───── Provided information ─────
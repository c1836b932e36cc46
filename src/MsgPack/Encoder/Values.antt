-- ===== src/MsgPack/Encoder/Values.antt =====
-- The calls of the encoder of src/core/vl_msgpack_io.c for single values.
use Prim.Native.Nat.{bit_and, bit_or}
use veritable_lasagna.Base.{ℕ, ◌%◌, ◌^◌, Bool, ◌&&◌, List, [], ◌∷◌, leb, if◌then◌else◌, length}
use veritable_lasagna.MsgPack.Bytes.{ℤ, pos, negsuc, leb_int, low_bits, padded}
use veritable_lasagna.MsgPack.Format.{Item}
use veritable_lasagna.MsgPack.Encoder.{Encoder, write, increment, write_word}

-- vlMsgPackIOEncodeNil, vlMsgPackIOEncodeBool
unfoldable pub encode_nil : Encoder → Encoder
encode_nil enc = write (increment enc) (0xC0 ∷ [])

unfoldable pub encode_bool : Encoder → Bool → Encoder
encode_bool enc value = write (increment enc) ((if value then 0xC3 else 0xC2) ∷ [])

-- vlMsgPackIOEncodeStringLen
unfoldable pub encode_string : Encoder → List ℕ → Encoder
encode_string enc value =
    let len = length value in
    let enc = increment enc in
    write
      (if leb len 0x1F
        then write enc (bit_or 0xA0 (bit_and (len % 2 ^ 8) 0x1F) ∷ [])
        else if leb len 0xFF
        then write (write enc (0xD9 ∷ [])) ((len % 2 ^ 8) ∷ [])
        else if leb len 0xFFFF
        then write_word enc 0xDA 2 (len % 2 ^ 16)
        else write_word enc 0xDB 4 (len % 2 ^ 32))
      value

-- vlMsgPackIOEncodeFloat32, vlMsgPackIOEncodeFloat64: a value is its bits.
unfoldable pub encode_float32 : Encoder → ℕ → Encoder
encode_float32 enc value = write_word (increment enc) 0xCA 4 value

unfoldable pub encode_float64 : Encoder → ℕ → Encoder
encode_float64 enc value = write_word (increment enc) 0xCB 8 value

-- vlMsgPackIOEncodeBinary
unfoldable pub encode_binary : Encoder → List ℕ → Encoder
encode_binary enc value =
    let len = length value in
    let enc = increment enc in
    write
      (if leb len 0xFF
        then write (write enc (0xC4 ∷ [])) ((len % 2 ^ 8) ∷ [])
        else if leb len 0xFFFF
        then write_word enc 0xC5 2 (len % 2 ^ 16)
        else write_word enc 0xC6 4 (len % 2 ^ 32))
      value

-- vlMsgPackIOEncodeExt; `type` is the byte of the extension type.
unfoldable pub encode_fixext : Encoder → ℕ → ℕ → ℕ → List ℕ → Encoder
encode_fixext enc tag n type value =
    write (write (write enc (tag ∷ [])) (type ∷ [])) (padded n value)

unfoldable pub encode_longext : Encoder → ℕ → List ℕ → Encoder
encode_longext enc type value =
    let len = length value in
    write
      (write
        (if leb len 0xFF
          then write (write enc (0xC7 ∷ [])) ((len % 2 ^ 8) ∷ [])
          else if leb len 0xFFFF
          then write_word enc 0xC8 2 (len % 2 ^ 16)
          else write_word enc 0xC9 4 (len % 2 ^ 32))
        (type ∷ []))
      value

unfoldable pub encode_ext : Encoder → ℕ → List ℕ → Encoder
unfolding encode_fixext encode_longext
encode_ext enc type value =
    let len = length value in
    let enc = increment enc in
    if leb len 1
    then encode_fixext enc 0xD4 1 type value
    else if leb len 2
    then encode_fixext enc 0xD5 2 type value
    else if leb len 4
    then encode_fixext enc 0xD6 4 type value
    else if leb len 8
    then encode_fixext enc 0xD7 8 type value
    else if leb len 16
    then encode_fixext enc 0xD8 16 type value
    else encode_longext enc type value

-- vlMsgPackIOEncodeInt
abbrev pub between : ℤ → ℤ → ℤ → Bool
between low high value = (leb_int value high) && leb_int low value

unfoldable pub encode_int : Encoder → ℤ → Encoder
encode_int enc value =
    let enc = increment enc in
    if between (pos 0) (pos 0x7F) value
    then write enc (bit_or 0x00 (low_bits 8 value) ∷ [])
    else if between (negsuc 0x1E) (negsuc 0) value
    then write enc (bit_or 0xE0 (low_bits 8 value) ∷ [])
    else if between (negsuc 0x7E) (pos 0x7F) value
    then write (write enc (0xD0 ∷ [])) (low_bits 8 value ∷ [])
    else if between (negsuc 0x7FFE) (pos 0x7FFF) value
    then write_word enc 0xD1 2 (low_bits 16 value)
    else if between (negsuc 0x7FFFFFFE) (pos 0x7FFFFFFF) value
    then write_word enc 0xD2 4 (low_bits 32 value)
    else write_word enc 0xD3 8 (low_bits 64 value)

-- vlMsgPackIOEncodeUInt
unfoldable pub encode_uint : Encoder → ℕ → Encoder
encode_uint enc value =
    let enc = increment enc in
    if leb value 0xFF
    then write (write enc (0xCC ∷ [])) ((value % 2 ^ 8) ∷ [])
    else if leb value 0xFFFF
    then write_word enc 0xCD 2 (value % 2 ^ 16)
    else if leb value 0xFFFFFFFF
    then write_word enc 0xCE 4 (value % 2 ^ 32)
    else write_word enc 0xCF 8 value

-- The call that encodes a value, as vlMsgPackIOEncodeFromDOM chooses it.
unfoldable pub encode_item : Encoder → Item → Encoder
unfolding encode_nil encode_bool encode_string encode_float32 encode_float64 encode_binary
    encode_ext encode_int encode_uint
encode_item enc Item.nil = encode_nil enc
encode_item enc (Item.boolean b) = encode_bool enc b
encode_item enc (Item.integer z) = encode_int enc z
encode_item enc (Item.uinteger n) = encode_uint enc n
encode_item enc (Item.float32 bits) = encode_float32 enc bits
encode_item enc (Item.float64 bits) = encode_float64 enc bits
encode_item enc (Item.string v) = encode_string enc v
encode_item enc (Item.binary v) = encode_binary enc v
encode_item enc (Item.ext type v) = encode_ext enc type v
─────
**What is required:**
Identify the lines above that contain the word "List", then copy them.

**Exercise output:**
use veritable_lasagna.Base.{ℕ, ◌%◌, ◌^◌, Bool, ◌&&◌, List, [], ◌∷◌, leb, if◌then◌else◌, length}
unfoldable pub encode_string : Encoder → List ℕ → Encoder
unfoldable pub encode_binary : Encoder → List ℕ → Encoder
unfoldable pub encode_fixext : Encoder → ℕ → ℕ → ℕ → List ℕ → Encoder
unfoldable pub encode_longext : Encoder → ℕ → List ℕ → Encoder
unfoldable pub encode_ext : Encoder → ℕ → List ℕ → Encoder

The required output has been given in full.